*TRY IT*.
Please retype the entries below exactly as they are written.

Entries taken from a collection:

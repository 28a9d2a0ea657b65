-- ===== src/Threads/Steps.antt =====
-- The scheduler against round robin: who runs, who waits in which order, and who is dead.
use mathlib.Core.List.{append-nil}
use oscs25_labs.Base.{
  ℕ, suc, ◌≤◌, ◌<◌, ◌^◌, ◌≡◌, refl, ap, ◌∙◌, true, false, List, [], ◌∷◌, ◌++◌, mem, mem-append,
  length, arith, ◌==◌, ==_iff, ltb, lt→ltb, Bool-cases, inl, inr,
}
use oscs25_labs.Template.Queue.{queue_pop}
use oscs25_labs.Threads.System.{IsSystem, push_run-IsSystem, take_next, rest_of}
use oscs25_labs.Threads.Defs.{
  System, requeue, push_run, choose, switch_thread, schedule, thread_alive,
}

-- The thread that runs: one of the two of the kernel, which never wait, or another one.
pub data Runner : Type 0 where
  kernel : ℕ → Runner
  user : ℕ → Runner

abbrev pub thread_of : Runner → ℕ
thread_of (kernel t) = t
thread_of (user t) = t

-- What a thread that runs adds to the queue when it gives way.
abbrev pub requeued : Runner → List ℕ
requeued (kernel t) = []
requeued (user t) = t ∷ []

-- Who runs next.
abbrev pub runner : (idle : ℕ) → List ℕ → Runner
runner idle [] = kernel idle
runner idle (x ∷ xs) = user x

-- A thread with a number above those of the two kernel threads.
abbrev pub IsUser : System → ℕ → Type 0
IsUser s t = 1 < (s.thread t).id

abbrev pub RunnerOf : System → Runner → List ℕ → List ℕ → Type 0
RunnerOf s (kernel t) xs ds = (s.thread t).id ≤ 1
RunnerOf s (user t) xs ds =
    IsUser s t × ((s.thread t).alive ≡ true) × (mem t xs ≡ false) × (mem t ds ≡ false)

pub record Represents (s : System) (cur : Runner) (xs ds : List ℕ) : Type 0 where
  pub system : IsSystem s xs ds
  pub current : s.current ≡ thread_of cur
  pub runs : RunnerOf s cur xs ds
  pub idle : (s.thread s.idle_thread).id ≤ 1
  pub waits : (t : ℕ) → mem t xs ≡ true → IsUser s t × ((s.thread t).alive ≡ true)
  pub dead : (t : ℕ) → mem t ds ≡ true → IsUser s t

-- The switch to the first of `ys`, all of which are alive.
switch_next :
    (s : System) (ys ds : List ℕ)
    → IsSystem s ys ds
    → (s.thread s.idle_thread).id ≤ 1
    → ((t : ℕ) → mem t ys ≡ true → IsUser s t × ((s.thread t).alive ≡ true))
    → ((t : ℕ) → mem t ds ≡ true → IsUser s t)
    → let (head, run', node') = queue_pop s.run_queue s.node in
      Represents
        (switch_thread (choose head s) (record s { run_queue = run'; node = node' }))
        (runner s.idle_thread ys)
        (rest_of ys)
        ds
unfolding choose switch_thread
switch_next s [] ds i idle waits dead =
    let (e, i') = take_next s [] ds i in
    record { system = i'; current = e; runs = idle; idle = idle; waits = waits; dead = dead }
switch_next s (y ∷ ys) ds i idle waits dead =
    let (e, i') = take_next s (y ∷ ys) ds i in
    let here = waits y (ground (arith, ==_iff y y)) in
    record {
      system = i';
      current = e;
      runs = (here.0, here.1, i.run.distinct.0, i.apart y (ground (arith, ==_iff y y)));
      idle = idle;
      waits = λ t m. waits t (ground arith);
      dead = dead;
    }

requeue_kernel : (s : System) → (s.thread s.current).id ≤ 1 → requeue s ≡ s
unfolding requeue thread_alive
requeue_kernel s low =
    let no_user : ltb 1 (s.thread s.current).id ≡ false = ground arith in rw no_user refl

pub requeue_dead : (s : System) → (s.thread s.current).alive ≡ false → requeue s ≡ s
unfolding requeue thread_alive
requeue_dead s dead = ground arith

requeue_user :
    (s : System)
    → 1 < (s.thread s.current).id
    → (s.thread s.current).alive ≡ true
    → requeue s ≡ push_run s.current s
unfolding requeue thread_alive
requeue_user s high alive = ground (arith, lt→ltb 1 (s.thread s.current).id)

pub schedule_from :
    (s s₁ : System) (ys ds : List ℕ)
    → requeue s ≡ s₁
    → IsSystem s₁ ys ds
    → (s₁.thread s₁.idle_thread).id ≤ 1
    → ((t : ℕ) → mem t ys ≡ true → IsUser s₁ t × ((s₁.thread t).alive ≡ true))
    → ((t : ℕ) → mem t ds ≡ true → IsUser s₁ t)
    → Represents (schedule s) (runner s₁.idle_thread ys) (rest_of ys) ds
unfolding schedule
schedule_from s s₁ ys ds e i idle waits dead = rw e (switch_next s₁ ys ds i idle waits dead)

idle_push :
    (s : System) (t : ℕ)
    → (s.thread s.idle_thread).id ≤ 1
    → ((push_run t s).thread (push_run t s).idle_thread).id ≤ 1
unfolding push_run
idle_push s t low = low

dead_push :
    (s : System) (ds : List ℕ) (t : ℕ)
    → ((u : ℕ) → mem u ds ≡ true → IsUser s u)
    → (u : ℕ) → mem u ds ≡ true
    → IsUser (push_run t s) u
unfolding push_run
dead_push s ds t dead = dead

waits_push :
    (s : System) (xs : List ℕ) (t : ℕ)
    → IsUser s t × ((s.thread t).alive ≡ true)
    → ((u : ℕ) → mem u xs ≡ true → IsUser s u × ((s.thread u).alive ≡ true))
    → (u : ℕ) → mem u (xs ++ t ∷ []) ≡ true
    → IsUser (push_run t s) u × (((push_run t s).thread u).alive ≡ true)
unfolding push_run
waits_push s xs t new waits u m = elim (Bool-cases (u == t)) [
  | inl same ↦ let e : u ≡ t = (==_iff u t).0 same in rw e new
  | inr other ↦ waits u (ground (arith, mem-append u xs (t ∷ [])))
]

-- A thread that gives way goes behind those that wait, and the first of them runs; a thread of the
-- kernel does not wait, and the idle thread runs if no other one does.
pub schedule-Represents :
    (s : System) (cur : Runner) (xs ds : List ℕ)
    → Represents s cur xs ds
    → suc (length xs) < 2 ^ 32
    → Represents
        (schedule s)
        (runner s.idle_thread (xs ++ requeued cur))
        (rest_of (xs ++ requeued cur))
        ds
unfolding push_run
schedule-Represents s (kernel t) xs ds r room =
    let low : (s.thread s.current).id ≤ 1 = rw r.current r.runs in
    rw (append-nil xs)
      (schedule_from s s xs ds (requeue_kernel s low) r.system r.idle r.waits r.dead)
schedule-Represents s (user t) xs ds r room =
    let (high, alive, out_run, out_dead) = r.runs in
    let e : requeue s ≡ push_run t s =
      requeue_user s (rw r.current high) (rw r.current alive)
      ∙ ap (λ (c : ℕ). push_run c s) r.current in
    schedule_from s (push_run t s) (xs ++ t ∷ []) ds e
      (push_run-IsSystem s xs ds t r.system out_run out_dead room) (idle_push s t r.idle)
      (λ u m. waits_push s xs t (high, alive) r.waits u m) (dead_push s ds t r.dead)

*TASK RESPONSE*.
repository 28a9d2a0ea657b65
-- ===== src/Threads/Steps.antt =====
-- The scheduler against round robin: who runs, who waits in which order, and who is dead.
use mathlib.Core.List.{append-nil}
use oscs25_labs.Base.{
  ℕ, suc, ◌≤◌, ◌<◌, ◌^◌, ◌≡◌, refl, ap, ◌∙◌, true, false, List, [], ◌∷◌, ◌++◌, mem, mem-append,
  length, arith, ◌==◌, ==_iff, ltb, lt→ltb, Bool-cases, inl, inr,
}
use oscs25_labs.Template.Queue.{queue_pop}
use oscs25_labs.Threads.System.{IsSystem, push_run-IsSystem, take_next, rest_of}
use oscs25_labs.Threads.Defs.{
  System, requeue, push_run, choose, switch_thread, schedule, thread_alive,
}

-- The thread that runs: one of the two of the kernel, which never wait, or another one.
pub data Runner : Type 0 where
  kernel : ℕ → Runner
  user : ℕ → Runner

abbrev pub thread_of : Runner → ℕ
thread_of (kernel t) = t
thread_of (user t) = t

-- What a thread that runs adds to the queue when it gives way.
abbrev pub requeued : Runner → List ℕ
requeued (kernel t) = []
requeued (user t) = t ∷ []

-- Who runs next.
abbrev pub runner : (idle : ℕ) → List ℕ → Runner
runner idle [] = kernel idle
runner idle (x ∷ xs) = user x

-- A thread with a number above those of the two kernel threads.
abbrev pub IsUser : System → ℕ → Type 0
IsUser s t = 1 < (s.thread t).id

abbrev pub RunnerOf : System → Runner → List ℕ → List ℕ → Type 0
RunnerOf s (kernel t) xs ds = (s.thread t).id ≤ 1
RunnerOf s (user t) xs ds =
    IsUser s t × ((s.thread t).alive ≡ true) × (mem t xs ≡ false) × (mem t ds ≡ false)

pub record Represents (s : System) (cur : Runner) (xs ds : List ℕ) : Type 0 where
  pub system : IsSystem s xs ds
  pub current : s.current ≡ thread_of cur
  pub runs : RunnerOf s cur xs ds
  pub idle : (s.thread s.idle_thread).id ≤ 1
  pub waits : (t : ℕ) → mem t xs ≡ true → IsUser s t × ((s.thread t).alive ≡ true)
  pub dead : (t : ℕ) → mem t ds ≡ true → IsUser s t

-- The switch to the first of `ys`, all of which are alive.
switch_next :
    (s : System) (ys ds : List ℕ)
    → IsSystem s ys ds
    → (s.thread s.idle_thread).id ≤ 1
    → ((t : ℕ) → mem t ys ≡ true → IsUser s t × ((s.thread t).alive ≡ true))
    → ((t : ℕ) → mem t ds ≡ true → IsUser s t)
    → let (head, run', node') = queue_pop s.run_queue s.node in
      Represents
        (switch_thread (choose head s) (record s { run_queue = run'; node = node' }))
        (runner s.idle_thread ys)
        (rest_of ys)
        ds
unfolding choose switch_thread
switch_next s [] ds i idle waits dead =
    let (e, i') = take_next s [] ds i in
    record { system = i'; current = e; runs = idle; idle = idle; waits = waits; dead = dead }
switch_next s (y ∷ ys) ds i idle waits dead =
    let (e, i') = take_next s (y ∷ ys) ds i in
    let here = waits y (ground (arith, ==_iff y y)) in
    record {
      system = i';
      current = e;
      runs = (here.0, here.1, i.run.distinct.0, i.apart y (ground (arith, ==_iff y y)));
      idle = idle;
      waits = λ t m. waits t (ground arith);
      dead = dead;
    }

requeue_kernel : (s : System) → (s.thread s.current).id ≤ 1 → requeue s ≡ s
unfolding requeue thread_alive
requeue_kernel s low =
    let no_user : ltb 1 (s.thread s.current).id ≡ false = ground arith in rw no_user refl

pub requeue_dead : (s : System) → (s.thread s.current).alive ≡ false → requeue s ≡ s
unfolding requeue thread_alive
requeue_dead s dead = ground arith

requeue_user :
    (s : System)
    → 1 < (s.thread s.current).id
    → (s.thread s.current).alive ≡ true
    → requeue s ≡ push_run s.current s
unfolding requeue thread_alive
requeue_user s high alive = ground (arith, lt→ltb 1 (s.thread s.current).id)

pub schedule_from :
    (s s₁ : System) (ys ds : List ℕ)
    → requeue s ≡ s₁
    → IsSystem s₁ ys ds
    → (s₁.thread s₁.idle_thread).id ≤ 1
    → ((t : ℕ) → mem t ys ≡ true → IsUser s₁ t × ((s₁.thread t).alive ≡ true))
    → ((t : ℕ) → mem t ds ≡ true → IsUser s₁ t)
    → Represents (schedule s) (runner s₁.idle_thread ys) (rest_of ys) ds
unfolding schedule
schedule_from s s₁ ys ds e i idle waits dead = rw e (switch_next s₁ ys ds i idle waits dead)

idle_push :
    (s : System) (t : ℕ)
    → (s.thread s.idle_thread).id ≤ 1
    → ((push_run t s).thread (push_run t s).idle_thread).id ≤ 1
unfolding push_run
idle_push s t low = low

dead_push :
    (s : System) (ds : List ℕ) (t : ℕ)
    → ((u : ℕ) → mem u ds ≡ true → IsUser s u)
    → (u : ℕ) → mem u ds ≡ true
    → IsUser (push_run t s) u
unfolding push_run
dead_push s ds t dead = dead

waits_push :
    (s : System) (xs : List ℕ) (t : ℕ)
    → IsUser s t × ((s.thread t).alive ≡ true)
    → ((u : ℕ) → mem u xs ≡ true → IsUser s u × ((s.thread u).alive ≡ true))
    → (u : ℕ) → mem u (xs ++ t ∷ []) ≡ true
    → IsUser (push_run t s) u × (((push_run t s).thread u).alive ≡ true)
unfolding push_run
waits_push s xs t new waits u m = elim (Bool-cases (u == t)) [
  | inl same ↦ let e : u ≡ t = (==_iff u t).0 same in rw e new
  | inr other ↦ waits u (ground (arith, mem-append u xs (t ∷ [])))
]

-- A thread that gives way goes behind those that wait, and the first of them runs; a thread of the
-- kernel does not wait, and the idle thread runs if no other one does.
pub schedule-Represents :
    (s : System) (cur : Runner) (xs ds : List ℕ)
    → Represents s cur xs ds
    → suc (length xs) < 2 ^ 32
    → Represents
        (schedule s)
        (runner s.idle_thread (xs ++ requeued cur))
        (rest_of (xs ++ requeued cur))
        ds
unfolding push_run
schedule-Represents s (kernel t) xs ds r room =
    let low : (s.thread s.current).id ≤ 1 = rw r.current r.runs in
    rw (append-nil xs)
      (schedule_from s s xs ds (requeue_kernel s low) r.system r.idle r.waits r.dead)
schedule-Represents s (user t) xs ds r room =
    let (high, alive, out_run, out_dead) = r.runs in
    let e : requeue s ≡ push_run t s =
      requeue_user s (rw r.current high) (rw r.current alive)
      ∙ ap (λ (c : ℕ). push_run c s) r.current in
    schedule_from s (push_run t s) (xs ++ t ∷ []) ds e
      (push_run-IsSystem s xs ds t r.system out_run out_dead room) (idle_push s t r.idle)
      (λ u m. waits_push s xs t (high, alive) r.waits u m) (dead_push s ds t r.dead)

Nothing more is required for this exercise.